National Missile Defense (NMD) is a bad idea whose time will come soon unless the American public takes much more interest. NMD will come despite President Clinton's Sept. 1 to defer action on NMD. Both the Republican and Democratic presidential candidates unequivocally support this unwise course of action.
Americans rightly fear the catastrophic consequences that would result from a nuclear attack. We need a strategy to minimize such a possibility, but it is not NMD.
A great deal has been written on NMD. Some say the proposed system will not work, others that it will. How is the public to judge?
A compelling reason not to go forward with NMD - even more so than the high probability that it would provide little protection - is that the threat on which it is based is not a threat to be feared. Because of our capability for massive retaliation, we successfully co-existed with the Soviet Union even though they had over 20,000 nuclear warheads. The idea that a nation with only a few nuclear-armed missiles would fire them at targets in the United States is absurd.

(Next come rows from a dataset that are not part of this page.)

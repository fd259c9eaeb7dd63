-- ===== src/Pcb/FreeList.antt =====
-- What `initPcbs`, `freePcb` and `allocPcb` do to the free list.
use native.Mathlib.Numerals.{add-one}
use os_fall_2021_project.Prelude.{
  ◌∙◌, ℕ, zero, suc, ◌+◌, ◌<◌, ◌≡◌, refl, true, false, List, [], ◌∷◌, ◌++◌, arith, update, has,
  has-append, has-reverse, reverse, ne_of_has, update_ne, ◌≢◌,
}
use os_fall_2021_project.Machine.Word.{null, max_proc}
use os_fall_2021_project.Machine.Outcome.{
  ok, Returns, returns, Returns-bind, Returns-mono, for_range_inv,
}
use os_fall_2021_project.Pcb.{Procs, is_pcb}
use os_fall_2021_project.Pcb.Seg.{Seg-frame}
use os_fall_2021_project.Pcb.Ring.{IsRing, IsQueue, IsQueue-ne_null, IsQueue-out, IsQueue-valid}
use os_fall_2021_project.Pcb.Queue.{insert_proc_q-append, remove_proc_q-first}
use os_fall_2021_project.Pcb.Free.{free_pcb, alloc_pcb, init_pcbs, clear_pcb}

-- The free list holds the pcbs `q`, the next one to be given out first.
abbrev pub FreeList : Procs → List ℕ → Type 0
FreeList s q = IsQueue s s.pcb_list_h q

-- A ring depends on the links of its members only.
pub IsRing-frame :
    (xs : List ℕ) {tp : ℕ} {s s' : Procs}
    → IsRing s tp xs
    → ((b : ℕ) → has b xs ≡ true → s'.p_next b ≡ s.p_next b)
    → ((b : ℕ) → has b xs ≡ true → s'.p_prev b ≡ s.p_prev b)
    → IsRing s' tp xs
IsRing-frame [] r hn hp = record { tail = r.tail; links = tt; distinct = tt; valid = tt }
IsRing-frame (x ∷ xs) {s} {s'} r hn hp = record {
  tail = r.tail;
  links =
      Seg-frame s.p_next s.p_prev s'.p_next s'.p_prev x xs x r.links hn (λ b m. hp b (ground arith))
        (hp x (ground arith));
  distinct = r.distinct;
  valid = r.valid;
}

-- `s'` is `s` but for the links of pcbs and the free list.
abbrev pub SameRest : Procs → Procs → Type 0
SameRest s s' = s' ≡ record s { p_next = s'.p_next; p_prev = s'.p_prev; pcb_list_h = s'.pcb_list_h }

-- A freed pcb goes to the end of the free list.
pub free_pcb-FreeList :
    {s : Procs} (q : List ℕ) (p : ℕ)
    → FreeList s q
    → is_pcb p ≡ true
    → has p q ≡ false
    → Returns (λ _ s'. FreeList s' (q ++ p ∷ []) × SameRest s s') (free_pcb p s)
unfolding free_pcb
free_pcb-FreeList {s} q p free hp out =
    Returns-bind (insert_proc_q-append q p free hp out) λ tp s' (e, queue, only). returns (
      IsRing-frame (reverse (q ++ p ∷ [])) queue (λ b m. refl) (λ b m. refl),
      ground (arith, only.rest),
    )

-- 1, …, n.
unfoldable pub up_to : ℕ → List ℕ
up_to zero = []
up_to (suc n) = up_to n ++ suc n ∷ []

has-up_to : (a n : ℕ) → n < a → has a (up_to n) ≡ false
unfolding up_to
has-up_to a zero h = refl
has-up_to a (suc n) h = rw (has-append a (up_to n) (suc n ∷ [])) (ground (arith, has-up_to a n))

up_to-add : (n : ℕ) → up_to (n + 1) ≡ up_to n ++ (n + 1) ∷ []
unfolding up_to
up_to-add n = rw add-one

SameRest-trans : (s t u : Procs) → SameRest s t → SameRest t u → SameRest s u
SameRest-trans s t u a b = ground arith

-- `initPcbs` puts all pcbs on the free list, in the order of the table.
pub init_pcbs-FreeList :
    (s : Procs) → Returns (λ _ s'. FreeList s' (up_to max_proc) × SameRest s s') (init_pcbs s)
unfolding init_pcbs up_to
init_pcbs-FreeList s =
    for_range_inv (λ i t. FreeList t (up_to i) × SameRest s t) (λ i. free_pcb (i + 1)) max_proc 0
      max_proc _ refl
      (λ i t lt (free, same).
        Returns-mono
          (free_pcb-FreeList (up_to i) (i + 1) free (ground arith)
            (has-up_to (i + 1) i (omega arith)))
          λ _ t' (free', same'). (rw (up_to-add i) free', SameRest-trans s t t' same same'))
      (record { tail = refl; links = tt; distinct = tt; valid = tt }, refl)

-- On an empty free list `allocPcb` gives `null` and changes nothing.
pub alloc_pcb-nil : (s : Procs) → FreeList s [] → alloc_pcb s ≡ ok null s
unfolding alloc_pcb
alloc_pcb-nil s free = ground (arith, free.tail)

-- What `allocPcb` makes of the pcb `p`.
abbrev pub Cleared : Procs → ℕ → Procs → Type 0
Cleared s p s' = s' ≡ record s {
  p_next = s'.p_next;
  p_prev = s'.p_prev;
  pcb_list_h = s'.pcb_list_h;
  p_prnt = update s.p_prnt p null;
  p_child = update s.p_child p null;
  p_next_sib = update s.p_next_sib p null;
  p_prev_sib = update s.p_prev_sib p null;
  p_time = update s.p_time p 0;
  p_sem_add = update s.p_sem_add p null;
  p_support_struct = update s.p_support_struct p null;
}

clear_pcb-ok :
    (s : Procs) (p : ℕ)
    → is_pcb p ≡ true
    → Returns
        (λ _ s'.
          Cleared s p s'
          × (s'.p_next ≡ update s.p_next p null)
          × (s'.p_prev ≡ update s.p_prev p null)
          × (s'.pcb_list_h ≡ s.pcb_list_h))
        (clear_pcb p s)
unfolding clear_pcb
clear_pcb-ok s p hp = simp hp (returns (refl, refl, refl, refl))

-- The pcb that is given out, initialized, and the free list without it; no other pcb's links change.
abbrev pub Allocated : Procs → ℕ → List ℕ → ℕ → Procs → Type 0
Allocated s p q r s' =
    (r ≡ p)
    × FreeList s' q
    × Cleared s p s'
    × (s'.p_next p ≡ null)
    × (s'.p_prev p ≡ null)
    × ((b : ℕ) → has b (p ∷ q) ≡ false → (s'.p_next b ≡ s.p_next b) × (s'.p_prev b ≡ s.p_prev b))

-- Where another pcb is left, `allocPcb` gives the first one of the free list, initialized.
pub alloc_pcb-cons :
    {s : Procs} (p y : ℕ) (q : List ℕ)
    → FreeList s (p ∷ y ∷ q)
    → Returns (Allocated s p (y ∷ q)) (alloc_pcb s)
unfolding alloc_pcb
alloc_pcb-cons {s} p y q free =
    let hp = IsQueue-valid p (y ∷ q) free in
    let out = IsQueue-out p (y ∷ q) free in
    let other : (b : ℕ) → has b (reverse (y ∷ q)) ≡ true → b ≢ p =
      λ b m. ground (arith, ne_of_has p b (y ∷ q), has-reverse b (y ∷ q)) in
    rw (IsQueue-ne_null p (y ∷ q) free) (
      Returns-bind (remove_proc_q-first p (y ∷ q) free) λ (t, tp) s' (e, ring, only).
        rw (e, IsQueue-ne_null y q ring)
          (Returns-bind (clear_pcb-ok (record s' { pcb_list_h = tp }) p hp)
            λ _ t' (cleared, hn, hv, hl). returns (
              refl,
              rw hl (
                  IsRing-frame (reverse (y ∷ q)) ring
                    (λ b m. rw hn (update_ne s'.p_next p null b (other b m)))
                    (λ b m. rw hv (update_ne s'.p_prev p null b (other b m)))),
              ground (arith, only.rest),
              rw hn (ground arith),
              rw hv (ground arith),
              λ b o. (
                rw hn (update_ne s'.p_next p null b (ground arith)) ∙ only.next_out b o,
                rw hv (update_ne s'.p_prev p null b (ground arith)) ∙ only.prev_out b o,
              ),
            )))

-- The last pcb of the free list is given out as it was left: no field of it is initialized.
pub alloc_pcb-last :
    {s : Procs} (p : ℕ)
    → FreeList s (p ∷ [])
    → Returns (λ r s'. (r ≡ p) × FreeList s' [] × SameRest s s') (alloc_pcb s)
unfolding alloc_pcb
alloc_pcb-last {s} p free = rw (IsQueue-ne_null p [] free) (
    Returns-bind (remove_proc_q-first p [] free) λ (t, tp) s' (e, ring, only).
      rw (e, ring.tail)
        (returns (
          refl,
          record { tail = refl; links = tt; distinct = tt; valid = tt },
          ground (arith, only.rest),
        )))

But if NMD is not needed, why does it have the support it does in Washington? The answer: skillful lobbying for unneeded weapons by military contractors who contribute large sums to political campaigns - the same reason that the United States is building a fleet of new attack submarines, at a cost of $3 billion each, to counter a next generation of Soviet submarines which will never exist.
In fact, most of the more than $50 billion to be spent next year for new weapons is unnecessary. The United States is building F-22 fighter planes to replace F-15s and F-16s even though the latter are acknowledged as the best in the world and cost less than one-fourth the price of the F-22. Moreover, the F-22 may be outdated soon by the Joint Strike Fighter, an even more advanced plane on which the Pentagon is spending billions.
NMD, estimated to cost $60 billion, would be a boon for military contractors since initial estimates for weapon systems usually are far less than final costs. But, in addition to spending all that money at the expense of other needs, there is another downside - that we neglect a nuclear threat which does exist.
A "rogue" state with nuclear bombs could destroy targets in the United States by smuggling in a bomb and leaving it in a car or - to produce even greater destruction - in a rented office high above the ground. The strategic defense initiative we really need is one that would prevent such crimes.
Controlling what comes into the United States is one approach. Since such measures have not been effective in keeping out illegal drugs, however, this approach hardly inspires confidence. That is why the best way to minimize the possibility of a nuclear attack is to give as little cause as possible. The only reason for destroying an American city would be to right perceived wrongs.
To many people in foreign countries, particularly "rogue" states, the United States is viewed as a selfish bully. This image could be softened if there were fewer unilateral actions and U.S. foreign policy were more closely tied to that of other democratic nations.
Perhaps most important, we can improve the image of the United States by directing some of the money spent on unneeded weapons at increased foreign aid. The United States spends less on foreign assistance as a percentage of gross domestic product than any other industrial nation - less than one-third that of Germany, one-fifth that of France and one-ninth that of Denmark.
In the long run, that will do far more for the security of Americans than a NMD system that would increase military spending throughout the world. Increasing foreign aid would have another advantage: By sharing a little more of our abundance, we would be doing right.
James L. Hecht is a senior fellow at the Center for Public Policy and Contemporary Issues at the University of Denver.